(The records)
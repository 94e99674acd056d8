-- ===== src/Tests/Halting.antt =====
-- A faulted system, two cycles before the end of its stop sequence.
use zero_force_controller.Common.{ℕ, ◌≡◌, refl, true, false, List, [], ◌∷◌, arith}
use zero_force_controller.Common.Int.{pos}
use zero_force_controller.Double.Fixed.{Fixed, fixed_double}
use zero_force_controller.Ethercat.Image.{Bytes, bytes_ecrt, read_bytes}
use zero_force_controller.Ethercat.Cia402.{is_operation_enabled_csp}
use zero_force_controller.Ethercat.System.{is_ready}
use zero_force_controller.Ethercat.Clearpath.{no_command, read_tx_pdos}
use zero_force_controller.Ethercat.System.Exchange
use zero_force_controller.Hardware.{Hardware, copy_state, hold_measured, fault}
use zero_force_controller.Hardware.Read.{
  read, exchange, observe_encoder, watch_startup, watch_operation, watch_timing, bus_fault,
}
use zero_force_controller.Hardware.Write.{write, intend, stop_step, send}
use zero_force_controller.Hardware.Stopping.{Tick, cycles, AllTaken, stops_in_time}
use zero_force_controller.Ethercat.System.Exchange.{guarded}
use zero_force_controller.Tests.Cycle.{faulted}
use zero_force_controller.Tests.Session.{poll}

abbrev stopping : Hardware Bytes Fixed
stopping = record faulted { stop_sequence = record { cycle = 119; command = no_command } }

abbrev tick : ℕ → Tick Bytes
tick now = record { now = now; period = pos 1_000_000; poll = poll now; later = now }

abbrev ticks : List (Tick Bytes)
ticks = tick 2_000_000 ∷ tick 3_000_000 ∷ []

all_taken : AllTaken ticks stopping
unfolding AllTaken read exchange observe_encoder watch_startup watch_operation watch_timing
    Exchange.read copy_state fault write intend stop_step send hold_measured is_ready
    is_operation_enabled_csp read_tx_pdos read_bytes bus_fault Exchange.write
all_taken = (refl, (refl, tt))

stops_in_time_example :
    ((cycles ticks stopping).active ≡ false)
    × ((cycles ticks stopping).stop_complete ≡ true)
    × ((cycles ticks stopping).fault ≡ true)
stops_in_time_example = stops_in_time ticks stopping refl refl refl all_taken (omega arith) refl
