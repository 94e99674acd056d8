-- ===== src/Tests/Interface.antt =====
-- The calibration, the encoder session, and the hardware interface in operation.
use Prim.Native.String.{String}
use text.Mathlib.Text.{◌==◌ as str_eq}
use zero_force_controller.Common.{◌≡◌, refl, Bool, true, Option, none, some, [], ◌∷◌, if◌then◌else◌}
use zero_force_controller.Common.Int.{pos, IsI32, ◌-ℤ◌, ◌+ℤ◌, ◌*ℤ◌}
use zero_force_controller.Double.{nought}
use zero_force_controller.Double.Fixed.{Fixed, fixed_double, Fixed-IsIeee, multiply, divide}
use zero_force_controller.Ethercat.Image.{bytes_ecrt}
use zero_force_controller.Calibration.{
  SiCalibration, EncoderSession, no_calibration, no_session, to_counts, in_bounds, position, force,
}
use zero_force_controller.Calibration.Session.{Reading, observes, suspends, run, run_reference}
use zero_force_controller.Calibration.Safety.{to_counts_lem}
use zero_force_controller.Calibration.Load.{
  Parameters, load, confirm, load_axis, load_bounds, parse_number,
}
use zero_force_controller.Calibration.Load.Usable.{IsUsable, load_lem}

abbrev one_tick : Fixed
one_tick = fixed_double.lit 1 3

abbrev calibration : SiCalibration Fixed
calibration = record no_calibration {
  m_per_count = one_tick;
  force_scale = record { x = one_tick; y = one_tick; z = one_tick };
  reference_counts = pos 100;
  reference_valid = true;
}

abbrev metre : Fixed
metre = fixed_double.lit 1 0

in_counts : to_counts calibration metre ≡ some (pos 1_100)
unfolding to_counts in_bounds position divide multiply ◌-ℤ◌ ◌+ℤ◌ ◌*ℤ◌
in_counts = refl

to_counts_lem_example :
    (true ≡ true)
    × (in_bounds calibration metre ≡ true)
    × (in_bounds calibration (position calibration (pos 1_100)) ≡ true)
    × IsI32 (pos 1_100)
to_counts_lem_example = to_counts_lem Fixed-IsIeee calibration metre (pos 1_100) in_counts

abbrev at_rest : Reading
at_rest = record { counts = pos 40; now = 2_000_000; stationary = true }

abbrev resting : EncoderSession Fixed
resting = record no_session {
  have_read = true;
  previous_stationary = true;
  previous = pos 40;
  last_ns = 1_000_000;
}

abbrev referenced : EncoderSession Fixed
referenced = record resting { reference = pos 40; reference_valid = true }

run_reference_example :
    ((run one_tick (pos 1_000) referenced (suspends ∷ observes at_rest ∷ [])).reference_valid
      ≡ true)
    × ((run one_tick (pos 1_000) referenced (suspends ∷ observes at_rest ∷ [])).reference ≡ pos 40)
run_reference_example =
    run_reference one_tick (pos 1_000) referenced (suspends ∷ observes at_rest ∷ []) refl

-- `std::stod` on the texts of the parameters below
abbrev stod : String → Option (Fixed × Bool)
stod t =
    if str_eq t "0.001"
    then some (one_tick, true)
    else if str_eq t "0"
    then some (nought, true)
    else none

abbrev parameters : Parameters
parameters key =
    if str_eq key "m_per_count"
    then some "0.001"
    else if str_eq key "force_x_newtons_per_count"
    then some "0.001"
    else if str_eq key "force_y_newtons_per_count"
    then some "0.001"
    else if str_eq key "force_z_newtons_per_count"
    then some "0.001"
    else if str_eq key "force_z_zero_counts"
    then some "0"
    else if str_eq key "conventions_confirmed"
    then some "true"
    else if str_eq key "force_frame"
    then some "load_cell_link"
    else if str_eq key "force_channel_mapping"
    then some "x,y,z"
    else none

abbrev loaded : SiCalibration Fixed
loaded = record no_calibration {
  m_per_count = one_tick;
  force_scale = record { x = one_tick; y = one_tick; z = one_tick };
}

loads : load stod parameters ≡ some loaded
unfolding load confirm load_axis load_bounds parse_number force multiply ◌-ℤ◌ ◌*ℤ◌
loads = refl

load_lem_example : IsUsable stod parameters loaded
load_lem_example = load_lem stod parameters loaded loads
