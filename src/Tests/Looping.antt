-- ===== src/Tests/Looping.antt =====
-- One turn of the loop: an enabled drive, whose command interface is claimed, and an activated
-- compliance law.
use zero_force_controller.Common.{◌≡◌, refl, true, false}
use zero_force_controller.Common.Int.{pos, ◌-ℤ◌, ◌*ℤ◌}
use zero_force_controller.Double.Fixed.{Fixed, fixed_double, Fixed-IsIeee, multiply, divide}
use zero_force_controller.Ethercat.Image.{Bytes, bytes_ecrt, read_bytes, Bytes-IsMemory}
use zero_force_controller.Common.{arith}
use zero_force_controller.Ethercat.Clearpath.{read_tx_pdos}
use zero_force_controller.Ethercat.Clearpath.RoundTrip.{RxApart}
use zero_force_controller.Ethercat.Cia402.{is_operation_enabled_csp}
use zero_force_controller.Ethercat.Elm.{read_feedback, read_channel, channel_valid}
use zero_force_controller.Ethercat.System.{is_ready}
use zero_force_controller.Ethercat.System.Exchange.{observe}
use zero_force_controller.Ethercat.System.Exchange
use zero_force_controller.Calibration
use zero_force_controller.Calibration.{Axes, allowed, set_reference}
use zero_force_controller.Hardware.{Hardware, fault, copy_state, can_claim, measured}
use zero_force_controller.Hardware.Read.{
  read, exchange, observe_encoder, watch_startup, watch_operation, watch_timing, bus_fault,
}
use zero_force_controller.ZeroForce
use zero_force_controller.ZeroForce.{ZeroForceLogic}
use zero_force_controller.ZeroForce.Safety.{activate-IsSafe}
use zero_force_controller.Controller.Logics.{zero_force_law, zero_force-IsSound}
use zero_force_controller.Loop.{Loop, turn}
use zero_force_controller.Loop.Turn.{IsDriven, turn-IsDriven}
use zero_force_controller.Tests.Logic.{logic, settings, at}
use zero_force_controller.Tests.Cycle.{operating, now, enabled_poll}
use zero_force_controller.Tests.Guarded.{idle_controller}

abbrev claimed : Hardware Bytes Fixed
claimed = record operating { claimed = true }

abbrev looping : Loop Bytes Fixed (ZeroForceLogic Fixed)
looping = record {
  hardware = claimed;
  controller = record idle_controller {
    active = true;
    logic = (ZeroForce.activate logic settings (at 0)).1;
  };
}

abbrev force_x : Axes Fixed → Fixed
force_x f = f.x

abbrev behind_read : Hardware Bytes Fixed
behind_read = (read now (pos 1_000_000) enabled_poll claimed).1

reads_well :
    (behind_read.fault ≡ false) × (behind_read.skipped ≡ false) × (behind_read.claimed ≡ true)
unfolding read exchange observe_encoder watch_startup watch_operation watch_timing bus_fault
    Exchange.read observe is_ready read_tx_pdos read_feedback read_channel channel_valid read_bytes
    is_operation_enabled_csp Calibration.observe allowed copy_state can_claim measured fault
    multiply divide ◌-ℤ◌ ◌*ℤ◌ set_reference
reads_well = (refl, refl, refl)

operating-RxApart : RxApart operating.core.clearpath_offsets.rx
operating-RxApart = ground arith

turn-IsDriven_example :
    let (done, s') =
      turn zero_force_law force_x now now (pos 1_000_000) (pos 1_000_000) enabled_poll looping in
    IsDriven zero_force_law
      (zero_force-IsSound Fixed-IsIeee)
      behind_read
      s'.hardware
      s'.controller
      done
turn-IsDriven_example =
    turn-IsDriven zero_force_law (zero_force-IsSound Fixed-IsIeee) Fixed-IsIeee Bytes-IsMemory
      force_x now now (pos 1_000_000) (pos 1_000_000) enabled_poll looping operating-RxApart
      (activate-IsSafe Fixed-IsIeee logic settings (at 0)) refl refl refl refl reads_well.0
      reads_well.1 reads_well.2
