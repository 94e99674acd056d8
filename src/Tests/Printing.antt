-- ===== src/Tests/Printing.antt =====
-- Three records through a sink with room for two: one is printed while the second is pushed, and the
-- third finds the sink full as it was seen.
use zero_force_controller.Common.{ℕ, ◌+◌, ◌≡◌, refl, List, [], ◌∷◌, length, replicate, arith}
use zero_force_controller.Diagnostics.{
  Event, pushes, producer_steps, consumer_steps, rests, fresh, step, run,
}
use zero_force_controller.Diagnostics.Runs.{printed_all}

abbrev interleaved : List (Event ℕ)
interleaved =
    pushes 7
    ∷ producer_steps
    ∷ producer_steps
    ∷ pushes 8
    ∷ producer_steps
    ∷ consumer_steps
    ∷ producer_steps
    ∷ pushes 9
    ∷ consumer_steps
    ∷ consumer_steps
    ∷ producer_steps
    ∷ []

over : (run 2 0 (fresh 2 0) interleaved).producer ≡ rests
unfolding step
over = refl

dropped_one : (run 2 0 (fresh 2 0) interleaved).dropped ≡ 1
unfolding step
dropped_one = refl

printed_all_example :
    let s = run 2 0 (fresh 2 0) interleaved in
    ((run 2 0 s (replicate 6 consumer_steps)).printed ≡ s.taken_in)
    × (s.dropped + length s.taken_in ≡ s.pushed)
printed_all_example = printed_all 2 0 (omega arith) interleaved 6 (omega arith) over (omega arith)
(End The records)
## Assignment
Set down precisely the lines above between the line holding "all_taken = (refl, (refl, tt))" and the line holding "abbrev at_rest : Reading", inclusive, and nothing beyond them.

## Response to this task
all_taken = (refl, (refl, tt))

stops_in_time_example :
    ((cycles ticks stopping).active ≡ false)
    × ((cycles ticks stopping).stop_complete ≡ true)
    × ((cycles ticks stopping).fault ≡ true)
stops_in_time_example = stops_in_time ticks stopping refl refl refl all_taken (omega arith) refl
repository 94e99674acd056d8
-- ===== src/Tests/Interface.antt =====
-- The calibration, the encoder session, and the hardware interface in operation.
use Prim.Native.String.{String}
use text.Mathlib.Text.{◌==◌ as str_eq}
use zero_force_controller.Common.{◌≡◌, refl, Bool, true, Option, none, some, [], ◌∷◌, if◌then◌else◌}
use zero_force_controller.Common.Int.{pos, IsI32, ◌-ℤ◌, ◌+ℤ◌, ◌*ℤ◌}
use zero_force_controller.Double.{nought}
use zero_force_controller.Double.Fixed.{Fixed, fixed_double, Fixed-IsIeee, multiply, divide}
use zero_force_controller.Ethercat.Image.{bytes_ecrt}
use zero_force_controller.Calibration.{
  SiCalibration, EncoderSession, no_calibration, no_session, to_counts, in_bounds, position, force,
}
use zero_force_controller.Calibration.Session.{Reading, observes, suspends, run, run_reference}
use zero_force_controller.Calibration.Safety.{to_counts_lem}
use zero_force_controller.Calibration.Load.{
  Parameters, load, confirm, load_axis, load_bounds, parse_number,
}
use zero_force_controller.Calibration.Load.Usable.{IsUsable, load_lem}

abbrev one_tick : Fixed
one_tick = fixed_double.lit 1 3

abbrev calibration : SiCalibration Fixed
calibration = record no_calibration {
  m_per_count = one_tick;
  force_scale = record { x = one_tick; y = one_tick; z = one_tick };
  reference_counts = pos 100;
  reference_valid = true;
}

abbrev metre : Fixed
metre = fixed_double.lit 1 0

in_counts : to_counts calibration metre ≡ some (pos 1_100)
unfolding to_counts in_bounds position divide multiply ◌-ℤ◌ ◌+ℤ◌ ◌*ℤ◌
in_counts = refl

to_counts_lem_example :
    (true ≡ true)
    × (in_bounds calibration metre ≡ true)
    × (in_bounds calibration (position calibration (pos 1_100)) ≡ true)
    × IsI32 (pos 1_100)
to_counts_lem_example = to_counts_lem Fixed-IsIeee calibration metre (pos 1_100) in_counts

abbrev at_rest : Reading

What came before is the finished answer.